Most other industries have been disrupted, she says, and insurance can expect the same.

“Insurtech start-ups are quicker, aren’t encumbered by legacy technology, have lower overheads due to different business models, and are looking at new ways of insuring, such as on-demand insurance with increased personalisation.

“Perhaps most importantly, they put a huge focus on the consumer – and mean it.”

Pooling people into smaller groups should reduce claims, and fraudulent claims in particular.

“People are less likely to claim against friends and family than they are a faceless insurance giant,” Dr Gibbs says.

But that raises the question of what happens to those who are considered a greater risk.

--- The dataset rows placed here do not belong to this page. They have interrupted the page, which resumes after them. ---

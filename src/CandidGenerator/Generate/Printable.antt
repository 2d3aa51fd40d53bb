-- ===== src/CandidGenerator/Generate/Printable.antt =====
-- Nominal types are printed without a panic: nominalization leaves a variant only at the top of a
-- definition.
use metamagic.Prelude.{
  ℕ, suc, String, ◌≡◌, refl, Bool, true, false, [], ◌∷◌, ◌++◌, All, All-append, if◌then◌else◌,
}
use metamagic.CandidGenerator.{
  Ty, Fields, Types, Methods, prim, var, opt, vec, record_, variant, func, service, class, knot,
  unknown, future, no_fields, field, no_types, a_type, no_methods, method, TypePath, Candid,
}
use metamagic.CandidGenerator.Nominalize.{
  TypeEnv, Nodes, path_to_var, stays_record, stays_variant, base,
}
use metamagic.CandidGenerator.Nominalize.Writer.{
  func_node, nominal, nominal_fields, nominal_types, nominal_methods, new_def, new_defs,
  new_defs_fields, new_defs_types, new_defs_methods,
}
use metamagic.CandidGenerator.Printer.Total.{
  IsPrintable, ArePrintable, AllPrintable, AreMethods, IsDefinition,
}

-- A type as a candid file has it inside a definition.
unfoldable mutual
  pub IsPlain : Ty → Type 0
  IsPlain (prim p) = Unit
  IsPlain (var v) = Unit
  IsPlain (opt t) = IsPlain t
  IsPlain (vec t) = IsPlain t
  IsPlain (record_ fs) = ArePlain fs
  IsPlain (variant fs) = ArePlain fs
  IsPlain (func query args rets) = ArePlainTypes args × ArePlainTypes rets
  IsPlain (service ms) = ArePlainMethods ms
  IsPlain (class args t) = ⊥
  IsPlain knot = ⊥
  IsPlain unknown = ⊥
  IsPlain future = ⊥

  pub ArePlain : Fields → Type 0
  ArePlain no_fields = Unit
  ArePlain (field l t fs) = IsPlain t × ArePlain fs

  pub ArePlainTypes : Types → Type 0
  ArePlainTypes no_types = Unit
  ArePlainTypes (a_type t ts) = IsPlain t × ArePlainTypes ts

  pub ArePlainMethods : Methods → Type 0
  ArePlainMethods no_methods = Unit
  ArePlainMethods (method m t ms) = IsPlain t × ArePlainMethods ms

-- A node that is not the top of a definition.
abbrev pub IsInner : TypePath → Type 0
IsInner (TypePath.id v) = ⊥
IsInner _ = Unit

stays_variant-inner :
    (candid : Candid) (node : TypePath) (path : Nodes)
    → IsInner node
    → stays_variant candid (node ∷ path) ≡ false
unfolding stays_variant
stays_variant-inner candid (TypePath.id v) path h = absurd h
stays_variant-inner candid (TypePath.record_field f) path h = refl
stays_variant-inner candid (TypePath.variant_field f) path h = refl
stays_variant-inner candid TypePath.opt path h = refl
stays_variant-inner candid TypePath.vec path h = refl
stays_variant-inner candid (TypePath.func f) path h = refl
stays_variant-inner candid TypePath.init path h = refl

-- The path of a type that stands behind a name, and that of an actor.
abbrev pub IsTopPath : Nodes → Type 0
IsTopPath [] = Unit
IsTopPath (TypePath.id v ∷ path) = Unit
IsTopPath (_ ∷ path) = ⊥

stays_variant-top :
    (candid : Candid) (path : Nodes) → IsTopPath path → stays_variant candid path ≡ true
unfolding stays_variant
stays_variant-top candid [] top = refl
stays_variant-top candid (TypePath.id v ∷ path) top = refl
stays_variant-top candid (TypePath.record_field f ∷ path) top = absurd top
stays_variant-top candid (TypePath.variant_field f ∷ path) top = absurd top
stays_variant-top candid (TypePath.opt ∷ path) top = absurd top
stays_variant-top candid (TypePath.vec ∷ path) top = absurd top
stays_variant-top candid (TypePath.func f ∷ path) top = absurd top
stays_variant-top candid (TypePath.init ∷ path) top = absurd top

stays_record-top :
    (candid : Candid) (path : Nodes) (fs : Fields)
    → IsTopPath path
    → stays_record candid path fs ≡ true
unfolding stays_record
stays_record-top candid [] fs top = refl
stays_record-top candid (TypePath.id v ∷ path) fs top = refl
stays_record-top candid (TypePath.record_field f ∷ path) fs top = absurd top
stays_record-top candid (TypePath.variant_field f ∷ path) fs top = absurd top
stays_record-top candid (TypePath.opt ∷ path) fs top = absurd top
stays_record-top candid (TypePath.vec ∷ path) fs top = absurd top
stays_record-top candid (TypePath.func f ∷ path) fs top = absurd top
stays_record-top candid (TypePath.init ∷ path) fs top = absurd top

settled-IsPrintable :
    (stays : Bool) (v : String) (fs : Fields)
    → ArePrintable fs
    → IsPrintable (if stays then record_ fs else var v)
unfolding IsPrintable
settled-IsPrintable true v fs h = h
settled-IsPrintable false v fs h = tt

module _ (candid : Candid) where
  mutual
    unfolding nominal IsPlain IsPrintable

    pub nominal-IsPrintable :
        (node : TypePath) (path : Nodes) (t : Ty)
        → IsInner node
        → IsPlain t
        → IsPrintable (nominal candid (node ∷ path) t)
    nominal-IsPrintable node path (prim p) inner h = tt
    nominal-IsPrintable node path (var v) inner h = tt
    nominal-IsPrintable node path (opt t) inner h =
        nominal-IsPrintable TypePath.opt (node ∷ path) t tt h
    nominal-IsPrintable node path (vec t) inner h =
        nominal-IsPrintable TypePath.opt (node ∷ path) t tt h
    nominal-IsPrintable node path (record_ fs) inner h =
        let stays = stays_record candid (node ∷ path) fs in
        let within = base candid stays (node ∷ path) in
        settled-IsPrintable stays (path_to_var candid (node ∷ path))
          (nominal_fields candid TypePath.record_field within fs)
          (nominal_fields-ArePrintable TypePath.record_field within fs (λ _. tt) h)
    nominal-IsPrintable node path (variant fs) inner h =
        rw (stays_variant-inner candid node path inner) tt
    nominal-IsPrintable node path (func query args rets) inner (ha, hr) = (
      nominal_types-AllPrintable (func_node "arg") 0 (node ∷ path) args (λ _. tt) ha,
      nominal_types-AllPrintable (func_node "ret") 0 (node ∷ path) rets (λ _. tt) hr,
    )
    nominal-IsPrintable node path (service ms) inner h =
        nominal_methods-AreMethods (node ∷ path) ms h
    nominal-IsPrintable node path (class args t) inner h = absurd h
    nominal-IsPrintable node path knot inner h = absurd h
    nominal-IsPrintable node path unknown inner h = absurd h
    nominal-IsPrintable node path future inner h = absurd h

    pub nominal_fields-ArePrintable :
        (node : String → TypePath) (path : Nodes) (fs : Fields)
        → ((f : String) → IsInner (node f))
        → ArePlain fs
        → ArePrintable (nominal_fields candid node path fs)
    nominal_fields-ArePrintable node path no_fields inner h = tt
    nominal_fields-ArePrintable node path (field l t fs) inner (h, hs) = (
      nominal-IsPrintable (node (candid.label_to_string l)) path t (inner _) h,
      nominal_fields-ArePrintable node path fs inner hs,
    )

    pub nominal_types-AllPrintable :
        (node : ℕ → TypePath) (i : ℕ) (path : Nodes) (ts : Types)
        → ((j : ℕ) → IsInner (node j))
        → ArePlainTypes ts
        → AllPrintable (nominal_types candid node i path ts)
    nominal_types-AllPrintable node i path no_types inner h = tt
    nominal_types-AllPrintable node i path (a_type t ts) inner (h, hs) = (
      nominal-IsPrintable (node i) path t (inner i) h,
      nominal_types-AllPrintable node (suc i) path ts inner hs,
    )

    pub nominal_methods-AreMethods :
        (path : Nodes) (ms : Methods)
        → ArePlainMethods ms
        → AreMethods (nominal_methods candid path ms)
    nominal_methods-AreMethods path no_methods h = tt
    nominal_methods-AreMethods path (method m t ms) (h, hs) =
        (nominal-IsDefinition (TypePath.id m ∷ path) t tt h, nominal_methods-AreMethods path ms hs)

    -- A definition of the program.
    pub nominal-IsDefinition :
        (path : Nodes) (t : Ty) → IsTopPath path → IsPlain t → IsDefinition (nominal candid path t)
    nominal-IsDefinition path (prim p) top h = tt
    nominal-IsDefinition path (var w) top h = tt
    nominal-IsDefinition path (opt t) top h = nominal-IsPrintable TypePath.opt path t tt h
    nominal-IsDefinition path (vec t) top h = nominal-IsPrintable TypePath.opt path t tt h
    nominal-IsDefinition path (record_ fs) top h =
        rw (stays_record-top candid path fs top)
          (nominal_fields-ArePrintable TypePath.record_field path fs (λ _. tt) h)
    nominal-IsDefinition path (variant fs) top h =
        rw (stays_variant-top candid path top)
          (nominal_fields-ArePrintable TypePath.variant_field path fs (λ _. tt) h)
    nominal-IsDefinition path (func query args rets) top (ha, hr) = (
      nominal_types-AllPrintable (func_node "arg") 0 path args (λ _. tt) ha,
      nominal_types-AllPrintable (func_node "ret") 0 path rets (λ _. tt) hr,
    )
    nominal-IsDefinition path (service ms) top h = nominal_methods-AreMethods path ms h
    nominal-IsDefinition path (class args t) top h = absurd h
    nominal-IsDefinition path knot top h = absurd h
    nominal-IsDefinition path unknown top h = absurd h
    nominal-IsDefinition path future top h = absurd h

  abbrev pub Definitions : TypeEnv → Type 0
  Definitions = All (λ d. IsDefinition d.1)

  new_def-Definitions :
      (stays : Bool) (path : Nodes) (t : Ty) (defs : TypeEnv)
      → IsDefinition t
      → Definitions defs
      → Definitions (defs ++ new_def candid stays path t)
  new_def-Definitions true path t defs h hs = All-append _ defs [] hs tt
  new_def-Definitions false path t defs h hs =
      All-append _ defs ((path_to_var candid path, t) ∷ []) hs (h, tt)

  mutual
    unfolding new_defs IsPlain IsPrintable

    pub new_defs-Definitions :
        (path : Nodes) (t : Ty) → IsPlain t → Definitions (new_defs candid path t)
    new_defs-Definitions path (prim p) h = tt
    new_defs-Definitions path (var v) h = tt
    new_defs-Definitions path (opt t) h = new_defs-Definitions (TypePath.opt ∷ path) t h
    new_defs-Definitions path (vec t) h = new_defs-Definitions (TypePath.opt ∷ path) t h
    new_defs-Definitions path (record_ fs) h =
        let stays = stays_record candid path fs in
        let within = base candid stays path in
        new_def-Definitions stays path
          (record_ (nominal_fields candid TypePath.record_field within fs))
          (new_defs_fields candid TypePath.record_field within fs)
          (nominal_fields-ArePrintable TypePath.record_field within fs (λ _. tt) h)
          (new_defs_fields-Definitions TypePath.record_field within fs h)
    new_defs-Definitions path (variant fs) h =
        let stays = stays_variant candid path in
        let within = base candid stays path in
        new_def-Definitions stays path
          (variant (nominal_fields candid TypePath.variant_field within fs))
          (new_defs_fields candid TypePath.variant_field within fs)
          (nominal_fields-ArePrintable TypePath.variant_field within fs (λ _. tt) h)
          (new_defs_fields-Definitions TypePath.variant_field within fs h)
    new_defs-Definitions path (func query args rets) (ha, hr) =
        All-append _ (new_defs_types candid (func_node "arg") 0 path args)
          (new_defs_types candid (func_node "ret") 0 path rets)
          (new_defs_types-Definitions (func_node "arg") 0 path args ha)
          (new_defs_types-Definitions (func_node "ret") 0 path rets hr)
    new_defs-Definitions path (service ms) h = new_defs_methods-Definitions path ms h
    new_defs-Definitions path (class args t) h = absurd h
    new_defs-Definitions path knot h = absurd h
    new_defs-Definitions path unknown h = absurd h
    new_defs-Definitions path future h = absurd h

    new_defs_fields-Definitions :
        (node : String → TypePath) (path : Nodes) (fs : Fields)
        → ArePlain fs
        → Definitions (new_defs_fields candid node path fs)
    new_defs_fields-Definitions node path no_fields h = tt
    new_defs_fields-Definitions node path (field l t fs) (h, hs) =
        let path' = node (candid.label_to_string l) ∷ path in
        All-append _ (new_defs candid path' t) (new_defs_fields candid node path fs)
          (new_defs-Definitions path' t h) (new_defs_fields-Definitions node path fs hs)

    pub new_defs_types-Definitions :
        (node : ℕ → TypePath) (i : ℕ) (path : Nodes) (ts : Types)
        → ArePlainTypes ts
        → Definitions (new_defs_types candid node i path ts)
    new_defs_types-Definitions node i path no_types h = tt
    new_defs_types-Definitions node i path (a_type t ts) (h, hs) =
        All-append _ (new_defs candid (node i ∷ path) t)
          (new_defs_types candid node (suc i) path ts) (new_defs-Definitions (node i ∷ path) t h)
          (new_defs_types-Definitions node (suc i) path ts hs)

    new_defs_methods-Definitions :
        (path : Nodes) (ms : Methods)
        → ArePlainMethods ms
        → Definitions (new_defs_methods candid path ms)
    new_defs_methods-Definitions path no_methods h = tt
    new_defs_methods-Definitions path (method m t ms) (h, hs) =
        let path' = TypePath.id m ∷ path in
        All-append _ (new_defs candid path' t) (new_defs_methods candid path ms)
          (new_defs-Definitions path' t h) (new_defs_methods-Definitions path ms hs)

They won’t be welcomed into a smaller group of self-selected peers, so will they be left out in the cold?

Insurance Partner at Deloitte Rick Shaw believes peer-to-peer is a good idea, with genuine potential. He describes the concept as “tech-facilitated micro mutuals”.

“When was the last time you made a claim on your insurance? If you don’t tend to claim, wouldn’t you like to be able to be pooled with others with a similar record?

“Insurers tend to group us with like risks, but the internet allows us to disintermediate, and we might want to have some say in it ourselves.”

Mr Shaw believes Australia’s regulatory environment makes it hard for new entrants – but not impossible.

“Established players are being a little complacent if they think they can innovate as quickly as start-ups,” he told insuranceNEWS.com.au.

“That said, the majors are a lot more innovative than they were five years ago.” 

The Insurance Council of Australia (ICA) says it and its members “continue to monitor the development of peer-to-peer insurance models operating in overseas markets”, to anticipate any regulatory issues.

“Australian general insurers recognise the benefits of competition in driving innovation, higher industry standards and better consumer outcomes,” spokesman Campbell Fuller said.

“However, ICA believes it is vital that all like businesses operating in a market are subject to the same laws and regulations, in the interests of fairness and consumer protection.”

It remains to be seen whether peer-to-peer models can truly offer better-value cover.

However, the combination of consumer-focused rhetoric and technological innovation could still be a powerful draw.

“Recent history is littered with the corpses of giant companies that thought they could ignore technological and consumer change,” Dr Gibbs said. “Incumbents still have time to stay on top, but they have to adopt new thinking and ways of business – now.”